I also loaded a piece of peach silk that was marked in September. I first did this design on a piece of green Radiance in the summer with colored threads. I thought that it would look cool, but it takes so much patience and control to quilt with black thread on green fabric, that I really didn't think it stood a chance of becoming a show quilt. Maybe I will convert it to a fancy pillow - LOL. Rather than ditch the WC idea and design, I decided I'd go for round #2 and try a monochromatic approach. The silk is peachier than the photo shows. Also, it is wet in the picture.
This gave me an opportunity to tweak things about the design that were a PIA the first time, and modify other areas. Much of it is the same. I am just sick with love for this herringbone filler. It is tedious, but so worth the time. I found that this color silk did not match any of the silk threads available. I opted to go to Wonderfil's Invisifil, a poly thread. This is such a fantastically fine thread - lesson to you, it is a royal pain to remove so make sure you like what you stitch!.
My plan is to get a binding on this before December 1, and enter the little beast in the Paducah show. It may be glued to the backside, but it will have a finished photo by then!

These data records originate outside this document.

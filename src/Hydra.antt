-- ===== src/Hydra.antt =====
-- server/hydra.go and server/hydra_consent.go: which
-- OAuth clients a user may sign in to, the consent and login endpoints, and the revocation of
-- consents that a user's groups no longer admit. hydra and FreeIPA are parameters.
pub mod Clients
pub mod Consents
pub mod Flow
mod Tests
use mokey.Base.{
  Bool, List, Option, String, [], any, contains, false, if◌then◌else◌, length, ltb, map, nat_eq,
  none, not, some, string_eq, suc, zero, ℕ, ◌++◌, ◌+◌, ◌==◌, ◌||◌, ◌∷◌,
}
use mokey.Directory.{User, member_of}

-- A client that a user has consented to, of a consent session.
pub record ConnectedApp : Type 0 where
  pub client_id : String
  pub name : String
  pub scope : List String
  pub granted_at : ℕ

-- An entry of [[hydra.clients]].
pub record HydraClientPolicy : Type 0 where
  pub client_id : String
  pub groups : List String

-- `policies` is none where the configuration does not parse.
pub record HydraConfig : Type 0 where
  pub policies : Option (List HydraClientPolicy)
  pub default_deny : Bool

-- strings.EqualFold, by Unicode's folding tables.
module _ (equal_fold : String → String → Bool) where
  abbrev pub admits : List String → List String → Bool
  admits [] have = false
  admits (want ∷ wanted) have = any (λ h. equal_fold want h) have || admits wanted have

  unfoldable pub first_policy : List HydraClientPolicy → Bool → String → User → Bool
  unfolding member_of
  first_policy [] default_deny client_id user = not default_deny
  first_policy (p ∷ ps) default_deny client_id user =
      let rest = first_policy ps default_deny client_id user in
      if p.client_id == ""
      then false
      else if not (p.client_id == client_id)
      then rest
      else admits p.groups (member_of user)

  -- clientAllowed
  unfoldable pub client_allowed : HydraConfig → String → User → Bool
  unfolding first_policy
  client_allowed cfg client_id user = elim cfg.policies [
    | none ↦ false
    | some ps ↦ first_policy ps cfg.default_deny client_id user
  ]

-- clientGroupsEnforced
unfoldable pub client_groups_enforced : HydraConfig → Bool
client_groups_enforced cfg = elim cfg.policies [
  | none ↦ false
  | some ps ↦
      if any (λ p. p.client_id == "") ps then false else ltb 0 (length ps) || cfg.default_deny
]

-- A consent session as hydra lists it, by its client's id, name and so on; "" is no name, none a
-- session without its request or client. A page comes with the token of the next, "" on the last.
pub record ConsentSession : Type 0 where
  pub client : Option (String × String)
  pub grant_scope : List String
  pub handled_at : ℕ

pub record HydraService : Type 1 where
  pub State : Type 0
  pub list_consents : State → String → String → Option (List ConsentSession × String)
  pub revoke_consents : State → String → String → Bool × State

abbrev pub app_of : ConsentSession → ConnectedApp
app_of s = elim s.client [
  | none ↦ record { client_id = ""; name = ""; scope = s.grant_scope; granted_at = s.handled_at }
  | some (id, name) ↦ record {
    client_id = id;
    name = (if name == "" then id else name);
    scope = s.grant_scope;
    granted_at = s.handled_at;
  }
]

-- The inner loop of consentClientIDs: the clients that are not listed yet.
abbrev pub add_client : List String → Option (String × String) → List String
add_client ids none = ids
add_client ids (some (id, name)) = if contains ids id then ids else ids ++ id ∷ []

unfoldable pub add_clients : List String → List ConsentSession → List String
add_clients ids [] = ids
add_clients ids (s ∷ sessions) = add_clients (add_client ids s.client) sessions

module _ (equal_fold : String → String → Bool) (oauth : HydraService) (cfg : HydraConfig) where
  -- listConnectedApps
  unfoldable pub list_connected_apps : oauth.State → String → Option (List ConnectedApp)
  list_connected_apps s username = elim (oauth.list_consents s username "") [
    | none ↦ none
    | some (sessions, next) ↦ some (map app_of sessions)
  ]

  -- The pages of consentClientIDs, from the one that `token` names; the fuel bounds their number.
  -- none is an error, or no fuel.
  unfoldable pub consent_client_ids :
      ℕ → oauth.State → String → List String → String → Option (List String)
  unfolding add_clients
  consent_client_ids zero s username ids token = none
  consent_client_ids (suc fuel) s username ids token = elim (oauth.list_consents s username token) [
    | none ↦ none
    | some (sessions, next) ↦
        let rest = consent_client_ids fuel s username (add_clients ids sessions) next in
        if next == "" || next == token then some (add_clients ids sessions) else rest
  ]

  -- The loop of revokeDisallowedConsents.
  unfoldable pub revoke_loop : oauth.State → User → List String → ℕ → oauth.State × ℕ
  unfolding client_allowed
  revoke_loop s user [] revoked = (s, revoked)
  revoke_loop s user (id ∷ ids) revoked =
      let (done, s') = oauth.revoke_consents s user.username id in
      let allowed = client_allowed equal_fold cfg id user in
      revoke_loop (if allowed then s else s') user ids
        (if allowed || not done then revoked else revoked + 1)

  unfoldable pub revoke_disallowed_consents : ℕ → oauth.State → User → oauth.State × ℕ
  unfolding consent_client_ids revoke_loop
  revoke_disallowed_consents fuel s user = elim (consent_client_ids fuel s user.username [] "") [
    | none ↦ (s, 0)
    | some ids ↦ revoke_loop s user ids 0
  ]

  -- revokeConsentsOf; `configured` is `r.hydraClient != nil`.
  unfoldable pub revoke_consents_of :
      ℕ → Bool → (String → Option User) → oauth.State → String → oauth.State
  unfolding client_groups_enforced revoke_disallowed_consents
  revoke_consents_of fuel configured user_show s username =
      if not configured || not (client_groups_enforced cfg) then s else elim (user_show username) [
        | none ↦ s
        | some user ↦ (revoke_disallowed_consents fuel s user).0
      ]

  -- consentSweep, over the users that `user_find` lists.
  unfoldable pub consent_sweep : ℕ → oauth.State → List User → ℕ → oauth.State × ℕ
  unfolding revoke_disallowed_consents
  consent_sweep fuel s [] revoked = (s, revoked)
  consent_sweep fuel s (user ∷ users) revoked =
      let (s', n) = revoke_disallowed_consents fuel s user in
      consent_sweep fuel s' users (revoked + n)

I have also been making a couple of fun magazine quilts on feathered wreaths and Cathedral Windows, but you will have to wait until next spring to see those.

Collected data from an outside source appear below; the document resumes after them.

-- ===== src/Hydra/Clients.antt =====
-- Which OAuth clients the configuration opens to a user.
use mokey.Base.{
  Bool, List, String, [], any, arith, eq_iff, false, inl, inr, nat_eq, none, not, refl, some,
  string_eq, true, ◌++◌, ◌==◌, ◌||◌, ◌∷◌, ◌≡◌, ◌⊎◌,
}
use mokey.Directory.{User, member_of}
use mokey.Hydra.{
  HydraConfig, HydraClientPolicy, client_allowed, admits, client_groups_enforced, first_policy,
}

-- No entry lacks its client, and none is for this one.
abbrev pub silent_on : String → List HydraClientPolicy → Bool
silent_on client_id ps = not (any (λ p. p.client_id == "" || p.client_id == client_id) ps)

module _ (equal_fold : String → String → Bool) where
  first_policy-silent :
      (ps : List HydraClientPolicy) (default_deny : Bool) (client_id : String) (user : User)
      → silent_on client_id ps ≡ true
      → first_policy equal_fold ps default_deny client_id user ≡ not default_deny
  unfolding first_policy
  first_policy-silent [] default_deny client_id user h = refl
  first_policy-silent (p ∷ ps) default_deny client_id user h =
      ground (arith, first_policy-silent ps default_deny client_id user)

  first_policy-match :
      (pre : List HydraClientPolicy) (p : HydraClientPolicy) (ps : List HydraClientPolicy)
      (default_deny : Bool) (client_id : String) (user : User)
      → silent_on client_id pre ≡ true
      → (client_id == "") ≡ false
      → p.client_id ≡ client_id
      → first_policy equal_fold (pre ++ p ∷ ps) default_deny client_id user
        ≡ admits equal_fold p.groups (member_of user)
  unfolding first_policy
  first_policy-match [] p ps default_deny client_id user h named same =
      ground (arith, eq_iff p.client_id client_id, eq_iff p.client_id "", eq_iff client_id "")
  first_policy-match (q ∷ pre) p ps default_deny client_id user h named same =
      ground (arith, first_policy-match pre p ps default_deny client_id user)

  -- The first entry for a client decides: the user is allowed exactly if one of the entry's groups
  -- is, up to case, one of the user's direct or nested groups.
  pub client_allowed_entry :
      (cfg : HydraConfig) (pre : List HydraClientPolicy) (p : HydraClientPolicy)
      (ps : List HydraClientPolicy) (user : User)
      → cfg.policies ≡ some (pre ++ p ∷ ps)
      → silent_on p.client_id pre ≡ true
      → (p.client_id == "") ≡ false
      → client_allowed equal_fold cfg p.client_id user ≡ admits equal_fold p.groups (member_of user)
  unfolding client_allowed
  client_allowed_entry cfg pre p ps user parsed silent named =
      ground
        (arith, first_policy-match pre p ps cfg.default_deny p.client_id user silent named refl)

  -- A client without an entry is open to everybody unless `default_deny` is set.
  pub client_allowed_default :
      (cfg : HydraConfig) (ps : List HydraClientPolicy) (client_id : String) (user : User)
      → cfg.policies ≡ some ps
      → silent_on client_id ps ≡ true
      → client_allowed equal_fold cfg client_id user ≡ not cfg.default_deny
  unfolding client_allowed
  client_allowed_default cfg ps client_id user parsed silent =
      ground (arith, first_policy-silent ps cfg.default_deny client_id user silent)

  -- A configuration that does not parse admits nobody, and is not enforced on earlier consents; one
  -- that parses without entries, `default_deny` unset, admits everybody and is not enforced either.
  pub unenforced :
      (cfg : HydraConfig) (client_id : String) (user : User)
      → (cfg.policies ≡ none) ⊎ ((cfg.policies ≡ some []) × (cfg.default_deny ≡ false))
      → (client_groups_enforced cfg ≡ false)
        × (client_allowed equal_fold cfg client_id user
            ≡ (elim cfg.policies [ none ↦ false | some ps ↦ true ]))
  unfolding client_allowed client_groups_enforced first_policy
  unenforced cfg client_id user (inl broken) = (ground arith, ground arith)
  unenforced cfg client_id user (inr (empty, open_to_all)) = (ground arith, ground arith)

My boxes of classroom handouts and fabrics are getting packed up to ship off to Road to California next month. OMG...what a lot of things to ship. Teachers, if you teach for MQX, you know that we have a great deal there - they bring the batting for us. The box of batting I am shipping is enormous (but it will save me from cutting batting in the wee hours should my flight not be on time!).
I am also getting the class things readied for my 6 classes at Mid-Atlantic in February, just a month after Road. Thankfully, this show is a wee bit closer to home. I have 2 new classes debuting there, the details for which I am still ironing out. I have 2 new class samples on Templates on my machine as I type! I love the templates classes, but what I learned from doing them in 2015 and 2016 is that one class does not fit all. For next year, I have split the material into Templates I and Creative Templates 2, to hopefully better serve the needs of more quilters. This week, the classes open for MQX East (show in April 2018), and these will be 2 of my 6 classes offered there.
Phew...that really has been a lot of work, but let me show you something that has been a crazy bit of fun. OK, maybe its just crazy.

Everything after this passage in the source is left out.